Every line in the records below between the one holding "get-insert j k" and the one holding "(account_all traffic c).pending", inclusive, is to be set down exactly; all other lines are to be left out.
::: Records supplied :::
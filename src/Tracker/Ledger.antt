-- ===== src/Tracker/Ledger.antt =====
-- The traffic between the kernel's counters and the reports, as a ledger.
use cpanelde.Prelude.{
  ℕ, ◌≤◌, ◌≡◌, refl, ap, ◌∙◌, true, false, List, [], ◌∷◌, arith, if◌then◌else◌, Text, Option, none,
  some, ◌==◌, nat_eq, text_eq, Map, lookup, insert, lookup-insert, UniqueKeys, Bool-cases, inl, inr,
  ◌⊎◌, eq_of_beq,
}
use cpanelde.Tracker.{
  Bytes, zero_bytes, get, ◌+B◌, Tracker, new_tracker, delta, is_nonzero, Cycle, account,
  account_all, process, flush_traffic, add_back, restore_traffic,
}

get-insert :
    (j k : ℕ) (b : Bytes) (m : Map ℕ Bytes) → get j (insert k b m) ≡ (if j == k then b else get j m)
get-insert j k b m = ground (arith, lookup-insert j k b m)

abbrev pub next_pending : Option Bytes → Bytes → Bytes → Bytes
next_pending none seen pending = pending
next_pending (some cum) seen pending = pending +B delta seen cum

abbrev pub next_seen : Option Bytes → Bytes → Bytes
next_seen none seen = seen
next_seen (some cum) seen = cum

add_zero : (b d : Bytes) → is_nonzero d ≡ false → b +B d ≡ b
unfolding ◌+B◌
add_zero b d h = ground arith

account-seen :
    (j uid : ℕ) (cum : Bytes) (c : Cycle)
    → get j (account uid cum c).seen ≡ (if j == uid then cum else get j c.seen)
unfolding account
account-seen j uid cum c = get-insert j uid cum c.seen

account-pending :
    (j uid : ℕ) (cum : Bytes) (c : Cycle)
    → get j (account uid cum c).pending
      ≡ (if j == uid then get uid c.pending +B delta (get uid c.seen) cum else get j c.pending)
unfolding account
account-pending j uid cum c = elim (Bool-cases (is_nonzero (delta (get uid c.seen) cum))) [
  | inl moved ↦ rw (moved, account) (get-insert j uid _ c.pending)
  | inr idle ↦
      rw (idle, account, add_zero (get uid c.pending) _ idle) (same (Bool-cases (j == uid)))
]
  where
    same :
        ((j == uid) ≡ true) ⊎ ((j == uid) ≡ false)
        → get j c.pending ≡ (if j == uid then get uid c.pending else get j c.pending)
    same (inl e) = rw e (ap (λ n. get n c.pending) (eq_of_beq j uid e))
    same (inr e) = rw e

-- The two tables after a whole cycle, for a user that the kernel reports and for one it does not.
account_all-get :
    (j : ℕ) (traffic : Map ℕ Bytes) (c : Cycle)
    → UniqueKeys traffic
    → (get j (account_all traffic c).seen ≡ next_seen (lookup j traffic) (get j c.seen))
      × (get j (account_all traffic c).pending
          ≡ next_pending (lookup j traffic) (get j c.seen) (get j c.pending))
unfolding account_all lookup
account_all-get j [] c k = (refl, refl)
account_all-get j ((uid, cum) ∷ traffic) c k = elim (Bool-cases (j == uid)) [
  | inl e ↦
      let absent = ap (λ n. lookup n traffic) (eq_of_beq j uid e) ∙ k.0 in
      let (seen, pending) = account_all-get j traffic (account uid cum c) k.1 in
      (
        ground (arith, e, absent, seen, account-seen j uid cum c),
        ground (
          arith,
          e,
          absent,
          pending,
          account-pending j uid cum c,
          ap (λ n. get n c.seen) (eq_of_beq j uid e),
          ap (λ n. get n c.pending) (eq_of_beq j uid e),
        ),
      )
  | inr e ↦
      let (seen, pending) = account_all-get j traffic (account uid cum c) k.1 in
      (
        ground (arith, e, seen, account-seen j uid cum c),
        ground (arith, e, pending, account-seen j uid cum c, account-pending j uid cum c),
      )
]

-- What `Process` makes of the tables of one user.
pub process-get :
    (j : ℕ) (t : Tracker) (traffic : Map ℕ Bytes) (alive : Map ℕ (List Text)) (n : ℕ)
    → UniqueKeys traffic
    → (get j (process t traffic alive n).last_seen
        ≡ next_seen (lookup j traffic) (get j t.last_seen))
      × (get j (process t traffic alive n).pending_traffic
          ≡ next_pending (lookup j traffic) (get j t.last_seen) (get j t.pending_traffic))
unfolding process
process-get j t traffic alive n k = account_all-get j traffic _ k

added : Option Bytes → Bytes → Bytes
added none b = b
added (some d) b = b +B d

add_back-get :
    (j : ℕ) (traffic pending : Map ℕ Bytes)
    → UniqueKeys traffic
    → get j (add_back traffic pending) ≡ added (lookup j traffic) (get j pending)
unfolding add_back lookup added
add_back-get j [] pending k = refl
add_back-get j ((uid, d) ∷ traffic) pending k = elim (Bool-cases (j == uid)) [
  | inl e ↦ ground (
    arith,
    e,
    ap (λ n. lookup n traffic) (eq_of_beq j uid e) ∙ k.0,
    add_back-get j traffic (insert uid (get uid pending +B d) pending) k.1,
    get-insert j uid (get uid pending +B d) pending,
    ap (λ n. get n pending) (eq_of_beq j uid e),
  )
  | inr e ↦ ground (
    arith,
    e,
    add_back-get j traffic (insert uid (get uid pending +B d) pending) k.1,
    get-insert j uid (get uid pending +B d) pending,
  )
]

-- The kernel's counters of a user have not fallen since the last cycle.
abbrev pub Grows : Bytes → Option Bytes → Type 0
Grows seen none = Unit
Grows seen (some cum) = (seen.up ≤ cum.up) × (seen.down ≤ cum.down)

-- A history of the tracker, with the traffic that the panel has been sent for each user: cycles in
-- which no counter of user `j` falls, reports, and reports that failed and are put back.
pub data Run (j : ℕ) : Tracker → Bytes → Type 0 where
  started : Run j new_tracker zero_bytes
  processed :
      {t : Tracker} {sent : Bytes} (traffic : Map ℕ Bytes) (alive : Map ℕ (List Text)) (n : ℕ)
      → UniqueKeys traffic
      → Grows (get j t.last_seen) (lookup j traffic)
      → Run j t sent
      → Run j (process t traffic alive n) sent
  flushed :
      {t : Tracker} {sent : Bytes}
      → Run j t sent
      → Run j (flush_traffic t).0 (sent +B get j (flush_traffic t).1)
  restored :
      {t : Tracker} {sent before : Bytes} (traffic : Map ℕ Bytes)
      → UniqueKeys traffic
      → sent ≡ before +B get j traffic
      → Run j t sent
      → Run j (restore_traffic t traffic) before

-- Whatever the order of cycles, reports and failed reports, what the panel has been sent for a user
-- and what is still pending make up exactly the kernel's last cumulative counters, as long as
-- these never fall.
pub Run-balance :
    {j : ℕ} {t : Tracker} {sent : Bytes}
    → Run j t sent
    → sent +B get j t.pending_traffic ≡ get j t.last_seen
unfolding new_tracker lookup flush_traffic restore_traffic ◌+B◌ delta added
Run-balance started = refl
Run-balance {j} (processed {t} {sent} traffic alive n k g r) =
    ground (arith, Run-balance r, process-get j t traffic alive n k)
Run-balance {j} (flushed {t} {sent} r) = ground (arith, Run-balance r)
Run-balance {j} (restored {t} {sent} {before} traffic k e r) =
    ground (arith, e, Run-balance r, add_back-get j traffic t.pending_traffic k)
:::
Solution to this exercise »
get-insert j k b m = ground (arith, lookup-insert j k b m)

abbrev pub next_pending : Option Bytes → Bytes → Bytes → Bytes
next_pending none seen pending = pending
next_pending (some cum) seen pending = pending +B delta seen cum

abbrev pub next_seen : Option Bytes → Bytes → Bytes
next_seen none seen = seen
next_seen (some cum) seen = cum

add_zero : (b d : Bytes) → is_nonzero d ≡ false → b +B d ≡ b
unfolding ◌+B◌
add_zero b d h = ground arith

account-seen :
    (j uid : ℕ) (cum : Bytes) (c : Cycle)
    → get j (account uid cum c).seen ≡ (if j == uid then cum else get j c.seen)
unfolding account
account-seen j uid cum c = get-insert j uid cum c.seen

account-pending :
    (j uid : ℕ) (cum : Bytes) (c : Cycle)
    → get j (account uid cum c).pending
      ≡ (if j == uid then get uid c.pending +B delta (get uid c.seen) cum else get j c.pending)
unfolding account
account-pending j uid cum c = elim (Bool-cases (is_nonzero (delta (get uid c.seen) cum))) [
  | inl moved ↦ rw (moved, account) (get-insert j uid _ c.pending)
  | inr idle ↦
      rw (idle, account, add_zero (get uid c.pending) _ idle) (same (Bool-cases (j == uid)))
]
  where
    same :
        ((j == uid) ≡ true) ⊎ ((j == uid) ≡ false)
        → get j c.pending ≡ (if j == uid then get uid c.pending else get j c.pending)
    same (inl e) = rw e (ap (λ n. get n c.pending) (eq_of_beq j uid e))
    same (inr e) = rw e

-- The two tables after a whole cycle, for a user that the kernel reports and for one it does not.
account_all-get :
    (j : ℕ) (traffic : Map ℕ Bytes) (c : Cycle)
    → UniqueKeys traffic
    → (get j (account_all traffic c).seen ≡ next_seen (lookup j traffic) (get j c.seen))
      × (get j (account_all traffic c).pending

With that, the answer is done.